Extract all lines in the data that contain the word "Base".

DATA SHOWN Start Marker

-- ===== src/Base/Results.antt =====
-- Go's pair of a value and an `error`: the value, or the text of the error.
use mathlib.Core.Path.{◌≡◌, refl}
use mathlib.Core.Bool.{true}
use distribute_pki.Base.Tests.{is_some}
use mathlib.Core.Logic.{◌⊎◌, inl, inr}
use mathlib.Core.Option.{Option, none, some}
use Prim.Native.String.{String}

pub data Result {ℓ} (A : Type ℓ) : Type ℓ where
  ok : A → Result A
  err : String → Result A

infixl 5 ◌>>=◌
abbrev pub ◌>>=◌ {ℓ κ} : {A : Type ℓ} {B : Type κ} → Result A → (A → Result B) → Result B
ok a >>= f = f a
err e >>= f = err e

pub Result-cases {ℓ} :
    {A : Type ℓ} (r : Result A) → ((e : String) × (r ≡ err e)) ⊎ ((a : A) × (r ≡ ok a))
Result-cases (ok a) = inr (a, refl)
Result-cases (err e) = inl (e, refl)

-- A step that may end the process: `none` is a panic or a fatal log.
abbrev pub and_then {ℓ κ} : {A : Type ℓ} {B : Type κ} → Option A → (A → Option B) → Option B
and_then none f = none
and_then (some a) f = f a

-- What holds of the value, if the process goes on.
abbrev pub Holds {ℓ κ} : {A : Type ℓ} → (A → Type κ) → Option A → Type κ
Holds P none = Unit
Holds P (some a) = P a

pub Holds-any {ℓ} : {A : Type ℓ} (o : Option A) → Holds (λ _. Unit {0}) o
Holds-any none = tt
Holds-any (some a) = tt

pub Holds-map {ℓ κ μ} :
    {A : Type ℓ} (P : A → Type κ) (Q : A → Type μ) (o : Option A)
    → ((a : A) → P a → Q a)
    → Holds P o
    → Holds Q o
Holds-map P Q none f h = tt
Holds-map P Q (some a) f h = f a h

pub Holds-both {ℓ κ μ} :
    {A : Type ℓ} (P : A → Type κ) (Q : A → Type μ) (o : Option A)
    → Holds P o
    → Holds Q o
    → Holds (λ a. P a × Q a) o
Holds-both P Q none h k = tt
Holds-both P Q (some a) h k = (h, k)

pub and_then-Holds {ℓ κ μ ν} :
    {A : Type ℓ} {B : Type κ} (P : A → Type μ) (Q : B → Type ν) (o : Option A) (f : A → Option B)
    → Holds P o
    → ((a : A) → P a → Holds Q (f a))
    → Holds Q (and_then o f)
and_then-Holds P Q none f h k = tt
and_then-Holds P Q (some a) f h k = k a h

pub is_some-and_then {ℓ κ μ} :
    {A : Type ℓ} {B : Type κ} (P : A → Type μ) (o : Option A) (f : A → Option B)
    → is_some o ≡ true
    → Holds P o
    → ((a : A) → P a → is_some (f a) ≡ true)
    → is_some (and_then o f) ≡ true
is_some-and_then P none f s h k = cc
is_some-and_then P (some a) f s h k = k a h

DATA SHOWN End Marker

SOLUTION TO THIS PROBLEM:
-- ===== src/Base/Results.antt =====
use distribute_pki.Base.Tests.{is_some}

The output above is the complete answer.